_Exercise_:
Every entry must come back exactly as it was given.

"""

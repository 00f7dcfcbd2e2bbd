-- ===== src/EventLog/Writer.antt =====
-- app/observability/jsonl_logger.py: the bounded queue between `emit` and the writer, and the writer with its files. The
-- file of a day is known by the day; whether a call on a file succeeds, and what day it is, are arguments.
use talki_llm_admission_sche.Base.{
  ℕ, ◌+◌, ◌==◌, leb, ◌&&◌, Bool, true, false, Option, none, some, List, [], ◌∷◌, ◌++◌, length,
}
use talki_llm_admission_sche.EventLog.{Event}

-- What stands in the queue: an event, or None, by which the writer stops.
pub data Item : Type 0 where
  event : Event → Item
  sentinel : Item

-- The day in UTC and the outcome of a call on a file, by the number of the calls before.
pub record Disk : Type 0 where
  pub today : ℕ → ℕ
  pub succeeds : ℕ → Bool

-- `queue_size` is the bound of the queue, `handle` the day of the file that is open. `lines` has what was written,
-- each line with the day of its file, the latest first, `calls` counts the calls on files and `errors` is
-- log_write_errors_total.
pub record Logger : Type 0 where
  pub queue_size : ℕ
  pub queue : List Item
  pub current_date : Option ℕ
  pub handle : Option ℕ
  pub lines : List (ℕ × Event)
  pub calls : ℕ
  pub errors : ℕ
  pub stopped : Bool

-- JSONLLogger(log_dir, queue_size)
abbrev pub new_logger : ℕ → Logger
new_logger queue_size = record {
  queue_size = queue_size;
  queue = [];
  current_date = none;
  handle = none;
  lines = [];
  calls = 0;
  errors = 0;
  stopped = false;
}

-- `asyncio.Queue.full`, where a bound of 0 is no bound
abbrev pub is_full : Logger → Bool
is_full s = leb 1 s.queue_size && leb s.queue_size (length s.queue)

abbrev pub count_error : Logger → Logger
count_error s = record s { errors = s.errors + 1 }

abbrev pub put : Item → Logger → Logger
put i s = record s { queue = s.queue ++ (i ∷ []) }

-- `emit`
unfoldable pub emit_event : Event → Logger → Logger
emit_event e s = elim (is_full s) [ true ↦ count_error s | false ↦ put (event e) s ]

-- `await self._queue.put(None)` of `stop`, which waits while the queue is full
unfoldable pub put_sentinel : Logger → Logger
put_sentinel s = elim (is_full s) [ true ↦ s | false ↦ put sentinel s ]

abbrev pub is_today : Option ℕ → ℕ → Bool
is_today none today = false
is_today (some d) today = d == today

abbrev pub needs_open : Logger → ℕ → Bool
needs_open s today = elim s.handle [
  | none ↦ true
  | some d ↦ elim (is_today s.current_date today) [ true ↦ false | false ↦ true ]
]

-- The flush and the close of the file before, whose errors are ignored; no close follows a flush that fails.
abbrev pub close_handle : Disk → Logger → Logger
close_handle disk s = elim s.handle [
  | none ↦ s
  | some d ↦ elim (disk.succeeds s.calls) [
    | true ↦ record s { calls = s.calls + 2 }
    | false ↦ record s { calls = s.calls + 1 }
  ]
]

-- `open`, which sets the handle if it succeeds
abbrev pub open_file : Disk → ℕ → Logger → Bool × Logger
open_file disk today s = elim (disk.succeeds s.calls) [
  | true ↦ (true, record s { current_date = some today; handle = some today; calls = s.calls + 1 })
  | false ↦ (false, record s { current_date = some today; calls = s.calls + 1 })
]

-- `_ensure_file_open`: false is an OSError.
unfoldable pub ensure_file_open : Disk → ℕ → Logger → Bool × Logger
ensure_file_open disk today s = elim (needs_open s today) [
  | true ↦ open_file disk today (close_handle disk s)
  | false ↦ (true, s)
]

abbrev pub add_line : Option ℕ → Event → Logger → Logger
add_line none e s = s
add_line (some day) e s = record s { lines = (day, e) ∷ s.lines }

-- The write and the flush of a line: false is an OSError.
abbrev pub write_line : Disk → Event → Logger → Bool × Logger
write_line disk e s = elim (disk.succeeds s.calls) [
  | true ↦ (disk.succeeds (s.calls + 1), record (add_line s.handle e s) { calls = s.calls + 2 })
  | false ↦ (false, record s { calls = s.calls + 1 })
]

-- `except OSError`
abbrev pub recover : Bool × Logger → Logger
recover (true, s) = s
recover (false, s) = record (count_error s) { handle = none }

abbrev pub then_write : Disk → Event → Bool × Logger → Bool × Logger
then_write disk e (true, s) = write_line disk e s
then_write disk e (false, s) = (false, s)

-- `_write_event`
unfoldable pub write_event : Disk → Event → Logger → Logger
unfolding ensure_file_open
write_event disk e s = recover (then_write disk e (ensure_file_open disk (disk.today s.calls) s))

abbrev pub take : Disk → List Item → Logger → Logger
take disk [] s = s
take disk (event e ∷ q) s = write_event disk e (record s { queue = q })
take disk (sentinel ∷ q) s = record s { queue = q; stopped = true }

-- A turn of the loop of `_writer`; it waits while the queue is empty.
unfoldable pub writer_turn : Disk → Logger → Logger
unfolding write_event
writer_turn disk s = elim s.stopped [ true ↦ s | false ↦ take disk s.queue s ]

-- The end of `stop` when the writer has not ended in five seconds: it is cancelled.
abbrev pub cancel_writer : Logger → Logger
cancel_writer s = record s { stopped = true }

"""

_Task answer_:
repository 00f7dcfcbd2e2bbd
-- ===== src/EventLog/Writer.antt =====
-- app/observability/jsonl_logger.py: the bounded queue between `emit` and the writer, and the writer with its files. The
-- file of a day is known by the day; whether a call on a file succeeds, and what day it is, are arguments.
use talki_llm_admission_sche.Base.{
  ℕ, ◌+◌, ◌==◌, leb, ◌&&◌, Bool, true, false, Option, none, some, List, [], ◌∷◌, ◌++◌, length,
}
use talki_llm_admission_sche.EventLog.{Event}

-- What stands in the queue: an event, or None, by which the writer stops.
pub data Item : Type 0 where
  event : Event → Item
  sentinel : Item

-- The day in UTC and the outcome of a call on a file, by the number of the calls before.
pub record Disk : Type 0 where
  pub today : ℕ → ℕ
  pub succeeds : ℕ → Bool

-- `queue_size` is the bound of the queue, `handle` the day of the file that is open. `lines` has what was written,
-- each line with the day of its file, the latest first, `calls` counts the calls on files and `errors` is
-- log_write_errors_total.
pub record Logger : Type 0 where
  pub queue_size : ℕ
  pub queue : List Item
  pub current_date : Option ℕ
  pub handle : Option ℕ
  pub lines : List (ℕ × Event)
  pub calls : ℕ
  pub errors : ℕ
  pub stopped : Bool

-- JSONLLogger(log_dir, queue_size)
abbrev pub new_logger : ℕ → Logger
new_logger queue_size = record {
  queue_size = queue_size;
  queue = [];
  current_date = none;
  handle = none;
  lines = [];
  calls = 0;
  errors = 0;
  stopped = false;
}

-- `asyncio.Queue.full`, where a bound of 0 is no bound
abbrev pub is_full : Logger → Bool
is_full s = leb 1 s.queue_size && leb s.queue_size (length s.queue)

abbrev pub count_error : Logger → Logger
count_error s = record s { errors = s.errors + 1 }

abbrev pub put : Item → Logger → Logger
put i s = record s { queue = s.queue ++ (i ∷ []) }

-- `emit`
unfoldable pub emit_event : Event → Logger → Logger
emit_event e s = elim (is_full s) [ true ↦ count_error s | false ↦ put (event e) s ]

-- `await self._queue.put(None)` of `stop`, which waits while the queue is full
unfoldable pub put_sentinel : Logger → Logger
put_sentinel s = elim (is_full s) [ true ↦ s | false ↦ put sentinel s ]

abbrev pub is_today : Option ℕ → ℕ → Bool
is_today none today = false
is_today (some d) today = d == today

abbrev pub needs_open : Logger → ℕ → Bool
needs_open s today = elim s.handle [
  | none ↦ true
  | some d ↦ elim (is_today s.current_date today) [ true ↦ false | false ↦ true ]
]

-- The flush and the close of the file before, whose errors are ignored; no close follows a flush that fails.
abbrev pub close_handle : Disk → Logger → Logger
close_handle disk s = elim s.handle [
  | none ↦ s
  | some d ↦ elim (disk.succeeds s.calls) [
    | true ↦ record s { calls = s.calls + 2 }
    | false ↦ record s { calls = s.calls + 1 }
  ]
]

-- `open`, which sets the handle if it succeeds
abbrev pub open_file : Disk → ℕ → Logger → Bool × Logger
open_file disk today s = elim (disk.succeeds s.calls) [
  | true ↦ (true, record s { current_date = some today; handle = some today; calls = s.calls + 1 })
  | false ↦ (false, record s { current_date = some today; calls = s.calls + 1 })
]

-- `_ensure_file_open`: false is an OSError.
unfoldable pub ensure_file_open : Disk → ℕ → Logger → Bool × Logger
ensure_file_open disk today s = elim (needs_open s today) [
  | true ↦ open_file disk today (close_handle disk s)
  | false ↦ (true, s)
]

abbrev pub add_line : Option ℕ → Event → Logger → Logger
add_line none e s = s
add_line (some day) e s = record s { lines = (day, e) ∷ s.lines }

-- The write and the flush of a line: false is an OSError.
abbrev pub write_line : Disk → Event → Logger → Bool × Logger
write_line disk e s = elim (disk.succeeds s.calls) [
  | true ↦ (disk.succeeds (s.calls + 1), record (add_line s.handle e s) { calls = s.calls + 2 })
  | false ↦ (false, record s { calls = s.calls + 1 })
]

-- `except OSError`
abbrev pub recover : Bool × Logger → Logger
recover (true, s) = s
recover (false, s) = record (count_error s) { handle = none }

abbrev pub then_write : Disk → Event → Bool × Logger → Bool × Logger
then_write disk e (true, s) = write_line disk e s
then_write disk e (false, s) = (false, s)

-- `_write_event`
unfoldable pub write_event : Disk → Event → Logger → Logger
unfolding ensure_file_open
write_event disk e s = recover (then_write disk e (ensure_file_open disk (disk.today s.calls) s))

abbrev pub take : Disk → List Item → Logger → Logger
take disk [] s = s
take disk (event e ∷ q) s = write_event disk e (record s { queue = q })
take disk (sentinel ∷ q) s = record s { queue = q; stopped = true }

-- A turn of the loop of `_writer`; it waits while the queue is empty.
unfoldable pub writer_turn : Disk → Logger → Logger
unfolding write_event
writer_turn disk s = elim s.stopped [ true ↦ s | false ↦ take disk s.queue s ]

-- The end of `stop` when the writer has not ended in five seconds: it is cancelled.
abbrev pub cancel_writer : Logger → Logger
cancel_writer s = record s { stopped = true }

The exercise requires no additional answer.